– Что привело вас сюда в такой поздний час?
– Еще только десять. И можете не притворяться. Я же вижу по вашему лицу, что вас что-то расстроило, и хочу знать что.
Она коротко сказала:
– Я устала. День был таким длинным. Я собиралась идти спать.
Она ясно давала понять, что его поздний визит оказался совсем некстати, но он шагнул через порог и вынудил ее отступить на шаг.
– Там дождь, – печально сказал он. – Не возражаете, если я присяду?
– А разве мои возражения имеют значение?
– Нет, потому что вы не всегда говорите то, что имеете в виду. – Она оцепенела, но он не дал ей ответить. Эдвина, – продолжал он, – обычно предлагала мне бренди, когда я заглядывал к ней вечерком, чтобы поболтать о том, о сем и убедиться, что у нее все нормально.
Эти слова притушили ее злость. У Брэнда есть все основания ожидать, что племянницы Эдвины будут относиться к нему со всем уважением.
– Сожалею, – сказала она, – но у нас нет бренди.
– О, вы найдете бренди в кладовой, в глиняном кувшине с надписью «Барли». Он контрабандный, разумеется, но Эдвину это не волновало. Она считала своим патриотическим долгом поддерживать контрабандную торговлю хотя бы для того, чтобы не голодали семьи контрабандистов.
Против воли Марион улыбнулась:
– А вы, полагаю, считали, что ваш патриотический долг – пить ее бренди?
– Вряд ли. Патриотизм Эдвины поступал в меня в малых дозах. По наперстку, если быть точным. Надеюсь, вы расщедритесь на большее.
Она едва не рассмеялась, но нарочно плотно сжала губы, проходя в кладовую. Вернувшись, со стуком поставила перед ним бутылку бренди и стакан, который вполне мог бы сойти за небольшую вазу.
– Ценю женщин с чувством юмора, – сказал он. Марион снова подавила улыбку и села на соседний стул.
– Вы понимаете, что это против всех правил?

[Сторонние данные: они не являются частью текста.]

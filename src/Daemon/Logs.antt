-- ===== src/Daemon/Logs.antt =====
-- The logs: `serveLog`, and what the daemon writes of errors, banners and responses:
-- `logTunnelOpenError` with its throttle, `shortBannerLog` and `preview`. Times are nanoseconds.
pub mod Tail
pub mod Throttled
use sshcustom_vpnchain.Base.{
  ℕ, zero, suc, ◌+◌, ◌-◌, ◌*◌, ◌^◌, Bool, true, not, ◌||◌, Option, none, some, List, [], ◌∷◌, ◌++◌,
  ltb, if◌then◌else◌, length, take, drop, is_empty, Bytes, codes,
}
use sshcustom_vpnchain.Base.Text.{trim_space, to_lower, contains}
use sshcustom_vpnchain.Base.Decimal.{itoa}
use sshcustom_vpnchain.Transport.{replace_all}

-- What `serveLog` meets: the size that `os.Stat` gives, whether the file can then be opened and the
-- reader set to a place in it, and what is in the file by then.
pub record LogFile : Type 0 where
  pub stat_size : Option ℕ
  pub opens : Bool
  pub seeks : Bool
  pub content : Option Bytes

pub data LogAnswer : Type 0 where
  not_found failed : LogAnswer
  log_text : Bytes → LogAnswer

abbrev pub max_log_read : ℕ
max_log_read = 65536

zeros : ℕ → Bytes
zeros zero = []
zeros (suc n) = 0 ∷ zeros n

-- `io.ReadFull` of the whole buffer from an offset; at the end of the file the buffer stays as it was
-- made, and that error is passed over.
read_tail : ℕ → Option Bytes → LogAnswer
unfolding zeros
read_tail offset none = failed
read_tail offset (some content) =
    let rest = drop offset content in
    if is_empty rest
    then log_text (zeros max_log_read)
    else if ltb (length rest) max_log_read
    then failed
    else log_text (take max_log_read rest)

read_whole : Option Bytes → LogAnswer
read_whole none = failed
read_whole (some content) = log_text content

read_log : LogFile → ℕ → LogAnswer
unfolding read_tail read_whole
read_log f size =
    let tail = read_tail (size - max_log_read) f.content in
    if not f.opens
    then failed
    else if ltb max_log_read size
    then (if f.seeks then tail else failed)
    else read_whole f.content

found_log : LogFile → Option ℕ → LogAnswer
unfolding read_log
found_log f none = not_found
found_log f (some size) = read_log f size

-- `serveLog`.
unfoldable pub serve_log : LogFile → LogAnswer
unfolding found_log
serve_log f = found_log f f.stat_size

-- What an error is for `logTunnelOpenError`.
pub data ErrorClass : Type 0 where
  reset timeout packet_size other_error : ErrorClass

unfoldable pub class_of : Bytes → ErrorClass
class_of e =
    let has = contains (to_lower e) in
    if has (codes "bad record mac")
      || has (codes "error decoding message")
      || has (codes "use of closed network connection")
      || has (codes "eof")
    then reset
    else if has (codes "connection timed out") || has (codes "i/o timeout")
    then timeout
    else if has (codes "packet too large") || has (codes "invalid packet length")
    then packet_size
    else other_error

-- `packetErrCount`; `last` is `none` for the zero time.
pub record Throttle : Type 0 where
  pub count : ℕ
  pub last : Option ℕ

-- A line of the log; two kinds carry the count.
pub data LogLine : Type 0 where
  reset_line error_line : LogLine
  timeouts packet_errors : ℕ → LogLine

-- `time.Since(packetErrCount.last) > 10*time.Second`.
is_due : ℕ → Option ℕ → Bool
is_due now none = true
is_due now (some last) = ltb (last + 10 * 10 ^ 9) now

with_count : (ℕ → LogLine) → ℕ → Throttle → List LogLine × Throttle
unfolding is_due
with_count line now t =
    if is_due now t.last
    then (line (suc t.count) ∷ [], record { count = 0; last = some now })
    else ([], record t { count = suc t.count })

by_class : ℕ → Throttle → ErrorClass → List LogLine × Throttle
unfolding with_count
by_class now t reset = (reset_line ∷ [], t)
by_class now t timeout = with_count timeouts now t
by_class now t packet_size = with_count packet_errors now t
by_class now t other_error = (error_line ∷ [], t)

-- `logTunnelOpenError` of an error that is not nil: the lines that it writes, at most one.
unfoldable pub log_tunnel_open_error : ℕ → Bytes → Throttle → List LogLine × Throttle
unfolding by_class
log_tunnel_open_error now e t = by_class now t (class_of e)

-- Several errors, with their times.
unfoldable pub log_run : Throttle → List (ℕ × Bytes) → List LogLine × Throttle
unfolding log_tunnel_open_error
log_run t [] = ([], t)
log_run t ((now, e) ∷ es) =
    let r = log_tunnel_open_error now e t in let rest = log_run r.1 es in (r.0 ++ rest.0, rest.1)

-- `shortBannerLog`.
unfoldable pub short_banner_log : Bytes → Bytes
unfolding itoa
short_banner_log message =
    let m = trim_space message in
    if is_empty m
    then []
    else if contains (to_lower m) (codes "<html") || contains (to_lower m) (codes "<body")
    then codes "http/html banner suppressed (" ++ (itoa (length m) ++ codes " bytes)")
    else if ltb 160 (length m)
    then take 160 m ++ codes "..."
    else m

-- `preview`.
unfoldable pub preview : Bytes → Bytes
preview b =
    let s = replace_all (replace_all b (13 ∷ []) (codes "\\r")) (10 ∷ []) (codes "\\n") in
    if ltb 500 (length s) then take 500 s ++ codes "..." else s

Здесь нет слуг и нет дуэний.
– Но ведь есть Эмили и Феба.
– Они уже спят.
– А кто это знает?
Его умение настоять на своем начинало ее раздражать.
– Вы собирались сказать мне, что привело вас сюда в этот поздний час.
Он завладел ее рукой движением, которое оказалось таким неожиданным, что она и не подумала воспротивиться. Не спуская с нее глаз, он легонько погладил ее пальцы и запястье.
– Я чувствую ваш пульс, – сказал Брэнд. – Он бьется сильно и быстро. И это говорит мне гораздо больше, чем все ваши хмурые взгляды и ворчливые слова.
Марион вырвала свою руку и постаралась, чтоб ее голос прозвучал холодно и бесстрастно:
– Последний шанс, мистер Гамильтон, или я укажу вам на дверь. Что привело вас сюда?
Он медлил с ответом, наблюдая за ней с огоньком в глазах.
– Две причины, – наконец ответил он. – Первая – чтобы извиниться за поведение моих родственниц сегодня днем. Они до неприличия прямолинейны. Удивляюсь, как это вы не придушили их.
– Не думайте, что у меня не было такого желания! Впрочем, Клэрис – доверчивый ребенок. На нее трудно сердиться.
Брэнд вскинул бровь.
– Мне она не доверяется. И что же она вам рассказала? Марион заколебалась, затем осторожно заметила:
– Что ваш отец высоко ценил ваше мнение.
– То есть она рассказала вам, что он назначил меня своим душеприказчиком?
Марион кивнула.
– Не стоит видеть в этом слишком много. На самом деле у него просто был не слишком богатый выбор: либо я, либо мой дядя. А Роберт так щедр, что Клэрис и Эндрю в мгновение ока разбазарили бы состояние.
Марион с любопытством посмотрела на него и пожала плечами.
– Вы, верно, были очень молоды для такой ответственности.
– Мне было двадцать шесть, когда умер отец, Клэрис – двадцать, а моему брату Эндрю всего одиннадцать.
Теперь она начинала понимать раздражение Клэрис по этому поводу. Нелегко иметь брата, который, будучи ненамного старше, распоряжается твоими финансами.
– Меня удивляет, – сказала она, – что ваш отец не назначил опекуном своего поверенного или какого- нибудь близкого друга.